# Trouble with my Craftsman pressure washer



## George Kennedy (Sep 9, 2010)

I realize that this forum is known as routers forum; however, I also realize that most people who own mitre saws, etc. also own pressure washers. I purchased a Craftsman pressure washer from Lowes in mid October. (2700psi gasoline powered) with the easy start system. I have only used the tool two or three times before winter. Recently I took advantage of nice weather and decided to wash my truck using my pressure washer. When I inserted my water hose into the tool and turned the water on, I allowed the water to run for a couple of minutes before starting the pressure washer. Once the pressure washer started, it would not spray water with any pressure. (The brushes seemed to not be picking up the water in the compressor.) After about five minutes, the pressure washer started to work but this is why I ended up replacing my old briggs and stratton Campbell Hausfield pressure washer. Is this a normal occurence for a pressure washer if it has set for awhile or should I take it back to Lowes and get a replacement pressure washer? My instincts tells me this is not normal.


----------



## jw2170 (Jan 24, 2008)

G'day George

Welcome to the router forum. 

Thank you for joining us


----------



## dutchman 46 (May 23, 2007)

Hello : George: Welcome to the Router Forum! What I would do is call the manufacture and tell them as to what's happening. If it is under warranty, they will take care of the problem. If not, They may have an explanation about what is happening.call the seller first. If it is under warranty, they will want to know about it. If You buy more things there, they may help out even if it isn't. It helps to know the store and be known as a regular customer, in My mind. and good hunting. It will help to know whats causing the problem, and if it happens often. Could have been a bit of ice in the line.


----------



## barking spider (Dec 26, 2010)

So, it didn't work right at first , but then was OK? IT might have been some debris in the line. Did you take the nozzle off and make sure it was clean? 

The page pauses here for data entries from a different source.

-- ===== src/Measure/Devnet/Reports.antt =====
-- That `run` of scripts/measure-devnet-costs.ts comes to its end, and with which costs.
use solana.Prelude.{ℕ, ◌≡◌, sym, List, [], ◌∷◌, ◌++◌, map, Option, none, some, Bytes, Pubkey, ascii}
use solana.Script.{State, TransactionMeta, ◌>>=◌, send}
use solana.Script.Completion.{
  Any, Given, HasMeta, IsAnswering, Ended-exit_code, Completes, Completes->>=, Completes-call,
  Completes-send, Completes-return, Completes-attempt, map-append, append_nil,
}
use solana.Costs.{CostData, CostReport, measure_cost}
use solana.Measure.{Setup}
use solana.Measure.Devnet.{run, steps, report_now, csv_lines}
use solana.Measure.Devnet.Identity.{
  Agent, push_cost, measure, request_airdrop, setup, initialize_registries, register_agent,
  set_metadata,
}
use solana.Measure.Devnet.Feedback.{give_feedback}
use solana.Measure.Devnet.Validation.{request_validation, respond_to_validation}

abbrev pub name : CostData → Bytes
name cost = cost.operation

-- The files can be written.
abbrev pub IsWriting : Setup → Type 0
IsWriting s =
    ((report : CostReport) (net : s.network.Net) → Given Any (s.write_json report net))
    × ((lines : List Bytes) (net : s.network.Net) → Given Any (s.write_csv lines net))

-- The costs of a whole run.
abbrev pub run_operations : List Bytes
run_operations =
    ascii "Identity Registry Initialize"
    ∷ ascii "Validation Registry Initialize"
    ∷ ascii "Register Agent"
    ∷ ascii "Set Metadata"
    ∷ ascii "Give Feedback (with FeedbackAuth)"
    ∷ ascii "Request Validation"
    ∷ ascii "Respond to Validation"
    ∷ []

module _ (s : Setup) (answers : IsAnswering s.network) where
  open s use {network}

  pushed :
      (operation : Bytes) (tx : Option (Option TransactionMeta)) (accounts : ℕ)
      (data_size : Option ℕ) (now : ℕ) (costs : List CostData)
      → HasMeta tx
      → map name (measure_cost operation tx accounts data_size now costs)
        ≡ map name costs ++ (operation ∷ [])
  unfolding measure_cost
  pushed operation none accounts data_size now costs h = elim h [ ]
  pushed operation (some none) accounts data_size now costs h = elim h [ ]
  pushed operation (some (some meta)) accounts data_size now costs h = map-append name costs _

  Completes-measure :
      (operation tx_sig : Bytes) (accounts : ℕ) (data_size : Option ℕ)
      → Completes name (operation ∷ []) Any (measure s operation tx_sig accounts data_size)
  unfolding measure push_cost
  Completes-measure operation tx_sig accounts data_size =
      Completes->>= name (Completes-call name _ (answers.get_transaction tx_sig)) (λ tx h. record {
        after = λ state.
            (pushed operation tx accounts data_size (s.date_now state.net) state.costs h, tt);
      })

  Completes-request_airdrop :
      (key : Pubkey) (amount : ℕ) → Completes name [] Any (request_airdrop s key amount)
  unfolding request_airdrop
  Completes-request_airdrop key amount = Completes-attempt name _ (
      Completes->>= name (Completes-call name _ (answers.request_airdrop key _))
        (λ sig _. Completes-call name _ (answers.confirm_transaction sig)))

  Completes-setup : Completes name [] Any (setup s)
  unfolding setup
  Completes-setup = Completes->>= name (Completes-request_airdrop _ _) (λ _ _.
      Completes->>= name (Completes-request_airdrop _ _) (λ _ _.
        Completes->>= name (Completes-request_airdrop _ _) (λ _ _. Completes-request_airdrop _ _)))

  -- A request and its measurement.
  sent_measured :
      (operation : Bytes) (request : _) (accounts : ℕ) (data_size : Option ℕ)
      → Completes name
          (operation ∷ [])
          Any
          (send network.rpc request >>= λ sig. measure s operation sig accounts data_size)
  sent_measured operation request accounts data_size =
      Completes->>= name (Completes-send name _ _ answers.rpc)
        (λ sig _. Completes-measure operation sig accounts data_size)

  Completes-initialize_registries :
      Completes name
        (ascii "Identity Registry Initialize" ∷ ascii "Validation Registry Initialize" ∷ [])
        Any
        (initialize_registries s)
  unfolding initialize_registries
  Completes-initialize_registries =
      Completes->>= name (Completes-attempt name _ (sent_measured _ _ _ _))
        (λ _ _. Completes-attempt name _ (sent_measured _ _ _ _))

  Completes-register_agent : Completes name (ascii "Register Agent" ∷ []) Any (register_agent s)
  unfolding register_agent
  Completes-register_agent =
      Completes->>= name (Completes-call name _ (answers.fetch_registry_config _)) (λ config _.
        Completes->>= name (Completes-send name _ _ answers.rpc) (λ sig _.
          Completes->>= name (Completes-measure _ sig _ _) (λ _ _.
            Completes->>= name (Completes-call name _ (answers.fetch_agent_id _))
              (λ id _. Completes-return name _))))

  Completes-set_metadata :
      (agent : Agent) → Completes name (ascii "Set Metadata" ∷ []) Any (set_metadata s agent)
  unfolding set_metadata
  Completes-set_metadata agent = sent_measured _ _ _ _

  Completes-give_feedback :
      (agent : Agent)
      → Completes name (ascii "Give Feedback (with FeedbackAuth)" ∷ []) Any (give_feedback s agent)
  unfolding give_feedback
  Completes-give_feedback agent =
      Completes->>= name (Completes-call name {P = Any} _ (λ net. tt))
        (λ now _. sent_measured _ _ _ _)

  Completes-request_validation :
      (agent : Agent)
      → Completes name (ascii "Request Validation" ∷ []) Any (request_validation s agent)
  unfolding request_validation
  Completes-request_validation agent = sent_measured _ _ _ _

  Completes-respond_to_validation :
      (agent : Agent)
      → Completes name (ascii "Respond to Validation" ∷ []) Any (respond_to_validation s agent)
  unfolding respond_to_validation
  Completes-respond_to_validation agent = sent_measured _ _ _ _

  Completes-steps : IsWriting s → Completes name run_operations Any (steps s)
  unfolding steps report_now
  Completes-steps (json, csv) = Completes->>= name Completes-setup (λ _ _.
      Completes->>= name Completes-initialize_registries (λ _ _.
        Completes->>= name Completes-register_agent (λ agent _.
          Completes->>= name (Completes-set_metadata agent) (λ _ _.
            Completes->>= name (Completes-give_feedback agent) (λ _ _.
              Completes->>= name (Completes-request_validation agent) (λ _ _.
                Completes->>= name (Completes-respond_to_validation agent) (λ _ _.
                  Completes->>= name {ops = []} {P = Any}
                    (record { after = λ state. (sym (append_nil (map name state.costs)), tt) })
                    (λ report _. Completes->>= name (Completes-call name _ (json report)) (λ _ _.
                      Completes->>= name (Completes-call name _ (csv (csv_lines s report)))
                        (λ _ _. Completes-return name report))))))))))

  -- Where no call of the network throws, every transaction is found with its metadata, and the files
  -- can be written, a run ends with exit code 0, and has added the costs of the seven operations to
  -- those that were there, one each and in this order.
  pub run-completes :
      IsWriting s
      → (state : State network.Net CostData)
      → (let out = run s state in
          (out.0 ≡ 0) × (map name out.1.costs ≡ map name state.costs ++ run_operations))
  unfolding run
  run-completes writes state =
      Ended-exit_code name _ (map name state.costs) run_operations (steps s state)
        ((Completes-steps writes).after state)
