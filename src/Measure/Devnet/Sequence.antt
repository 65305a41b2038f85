-- ===== src/Measure/Devnet/Sequence.antt =====
-- Which requests `run` of scripts/measure-devnet-costs.ts sends, and in which order.
use solana.Prelude.{ℕ, sym, List, [], ◌∷◌, Option, Bytes, Pubkey, ascii}
use solana.Script.{State, TransactionMeta}
use solana.Script.Rules.{
  Label, labels, Emits, Emits->>=, Emits-call, Emits-send, Emits-return, Emits-attempt,
  Always-quiet, Always-send, append_nil, IsRun, IsRun-exit_code,
}
use solana.Costs.{CostData}
use solana.Measure.{Setup}
use solana.Measure.Devnet.{run, steps, report_now}
use solana.Measure.Devnet.Identity.{
  Agent, push_cost, measure, request_airdrop, setup, initialize_identity, initialize_validation,
  initialize_registries, register, register_agent, metadata_request, set_metadata,
}
use solana.Measure.Devnet.Feedback.{feedback_request, give_feedback}
use solana.Measure.Devnet.Validation.{
  validation_request, request_validation, validation_response, respond_to_validation,
}

module _ (s : Setup) where
  open s use {network, programs}

  Emits-push_cost :
      (operation : Bytes) (tx : Option (Option TransactionMeta)) (accounts : ℕ)
      (data_size : Option ℕ)
      → Emits [] (push_cost s operation tx accounts data_size)
  unfolding push_cost
  Emits-push_cost operation tx accounts data_size = record {
    after = λ state. sym (append_nil (labels state.sent));
  }

  Emits-measure :
      (operation tx_sig : Bytes) (accounts : ℕ) (data_size : Option ℕ)
      → Emits [] (measure s operation tx_sig accounts data_size)
  unfolding measure
  Emits-measure operation tx_sig accounts data_size =
      Emits->>= (Emits-call _) (λ tx. Emits-push_cost operation tx accounts data_size)

  Emits-request_airdrop : (key : Pubkey) (amount : ℕ) → Emits [] (request_airdrop s key amount)
  unfolding request_airdrop
  Emits-request_airdrop key amount =
      Emits-attempt (Always-quiet (Emits->>= (Emits-call _) (λ sig. Emits-call _)))
        (Emits-return tt)

  Emits-setup : Emits [] (setup s)
  unfolding setup
  Emits-setup = Emits->>= (Emits-request_airdrop _ _) (λ _.
      Emits->>= (Emits-request_airdrop _ _)
        (λ _. Emits->>= (Emits-request_airdrop _ _) (λ _. Emits-request_airdrop _ _)))

  Emits-initialize_registries :
      Emits
        ((programs.identity, ascii "initialize") ∷ (programs.validation, ascii "initialize") ∷ [])
        (initialize_registries s)
  unfolding initialize_registries initialize_identity initialize_validation
  Emits-initialize_registries =
      Emits->>= (Emits-attempt (Always-send _ _ (λ sig. Emits-measure _ sig _ _)) (Emits-return tt))
        (λ _. Emits-attempt (Always-send _ _ (λ sig. Emits-measure _ sig _ _)) (Emits-return tt))

  Emits-register_agent : Emits ((programs.identity, ascii "register") ∷ []) (register_agent s)
  unfolding register_agent register
  Emits-register_agent = Emits->>= (Emits-call _) (λ config. Emits->>= (Emits-send _ _) (λ sig.
      Emits->>= (Emits-measure _ sig _ _) (λ _. Emits->>= (Emits-call _) (λ id. Emits-return _))))

  Emits-set_metadata :
      (agent : Agent) → Emits ((programs.identity, ascii "setMetadata") ∷ []) (set_metadata s agent)
  unfolding set_metadata metadata_request
  Emits-set_metadata agent = Emits->>= (Emits-send _ _) (λ sig. Emits-measure _ sig _ _)

  Emits-give_feedback :
      (agent : Agent)
      → Emits ((programs.reputation, ascii "giveFeedback") ∷ []) (give_feedback s agent)
  unfolding give_feedback feedback_request
  Emits-give_feedback agent =
      Emits->>= (Emits-call _) (λ now. Emits->>= (Emits-send _ _) (λ sig. Emits-measure _ sig _ _))

  Emits-request_validation :
      (agent : Agent)
      → Emits ((programs.validation, ascii "requestValidation") ∷ []) (request_validation s agent)
  unfolding request_validation validation_request
  Emits-request_validation agent = Emits->>= (Emits-send _ _) (λ sig. Emits-measure _ sig _ _)

  Emits-respond_to_validation :
      (agent : Agent)
      → Emits
          ((programs.validation, ascii "respondToValidation") ∷ [])
          (respond_to_validation s agent)
  unfolding respond_to_validation validation_response
  Emits-respond_to_validation agent = Emits->>= (Emits-send _ _) (λ sig. Emits-measure _ sig _ _)

  Emits-report_now : Emits [] (report_now s)
  unfolding report_now
  Emits-report_now = record { after = λ state. sym (append_nil (labels state.sent)) }

  -- The requests of a whole run.
  abbrev pub run_labels : List Label
  run_labels =
      (programs.identity, ascii "initialize")
      ∷ (programs.validation, ascii "initialize")
      ∷ (programs.identity, ascii "register")
      ∷ (programs.identity, ascii "setMetadata")
      ∷ (programs.reputation, ascii "giveFeedback")
      ∷ (programs.validation, ascii "requestValidation")
      ∷ (programs.validation, ascii "respondToValidation")
      ∷ []

  Emits-steps : Emits run_labels (steps s)
  unfolding steps
  Emits-steps = Emits->>= Emits-setup (λ _. Emits->>= Emits-initialize_registries (λ _.
      Emits->>= Emits-register_agent (λ agent. Emits->>= (Emits-set_metadata agent) (λ _.
        Emits->>= (Emits-give_feedback agent) (λ _. Emits->>= (Emits-request_validation agent) (λ _.
          Emits->>= (Emits-respond_to_validation agent) (λ _. Emits->>= Emits-report_now (λ report.
            Emits->>= (Emits-call _) (λ _. Emits->>= (Emits-call _) (λ _. Emits-return _))))))))))

  -- Whatever the network answers, the requests that a run sends are the two initialisations, the
  -- registration, the metadata, the feedback, the validation request and its response, in this order
  -- and from the first on; with exit code 0 all seven are sent.
  pub run-sends :
      (state : State network.Net CostData) → IsRun (labels state.sent) run_labels (run s state)
  unfolding run
  run-sends state =
      IsRun-exit_code (labels state.sent) run_labels (steps s state) (Emits-steps.after state)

Like someone else said, why not call the Manf. or take it back to Lowes and see what they say.


----------



## bobj3 (Jan 17, 2006)

Hi George

" normal occurence for a pressure washer" = yes , if you didn't drain the system b/4 putting back in the garage, if the pump had just a little bit of water in it , may have crack the pump on the inside of it..they are almost a inside tool and must have great care after you put water into them..

You may get by with taking it back but it's long shot because they know why people wipe them out in the winter time..
I have a 8hp one and it's always on my mind in the winter time.."keep it warm in the winter time"

Just a note,,at one time I repaired them and you can't see the crack inside of the brass pump,the only way to know for sure is to replace the pump ....

============= 




George Kennedy said:


> I realize that this forum is known as routers forum; however, I also realize that most people who own mitre saws, etc. also own pressure washers. I purchased a Craftsman pressure washer from Lowes in mid October. (2700psi gasoline powered) with the easy start system. I have only used the tool two or three times before winter. Recently I took advantage of nice weather and decided to wash my truck using my pressure washer. When I inserted my water hose into the tool and turned the water on, I allowed the water to run for a couple of minutes before starting the pressure washer. Once the pressure washer started, it would not spray water with any pressure. (The brushes seemed to not be picking up the water in the compressor.) After about five minutes, the pressure washer started to work but this is why I ended up replacing my old briggs and stratton Campbell Hausfield pressure washer. Is this a normal occurence for a pressure washer if it has set for awhile or should I take it back to Lowes and get a replacement pressure washer? My instincts tells me this is not normal.


----------



## jschaben (Jun 21, 2009)

George Kennedy said:


> I realize that this forum is known as routers forum; however, I also realize that most people who own mitre saws, etc. also own pressure washers. I purchased a Craftsman pressure washer from Lowes in mid October. (2700psi gasoline powered) with the easy start system. I have only used the tool two or three times before winter. Recently I took advantage of nice weather and decided to wash my truck using my pressure washer. When I inserted my water hose into the tool and turned the water on, I allowed the water to run for a couple of minutes before starting the pressure washer. Once the pressure washer started, it would not spray water with any pressure. (The brushes seemed to not be picking up the water in the compressor.) After about five minutes, the pressure washer started to work but this is why I ended up replacing my old briggs and stratton Campbell Hausfield pressure washer. Is this a normal occurence for a pressure washer if it has set for awhile or should I take it back to Lowes and get a replacement pressure washer? My instincts tells me this is not normal.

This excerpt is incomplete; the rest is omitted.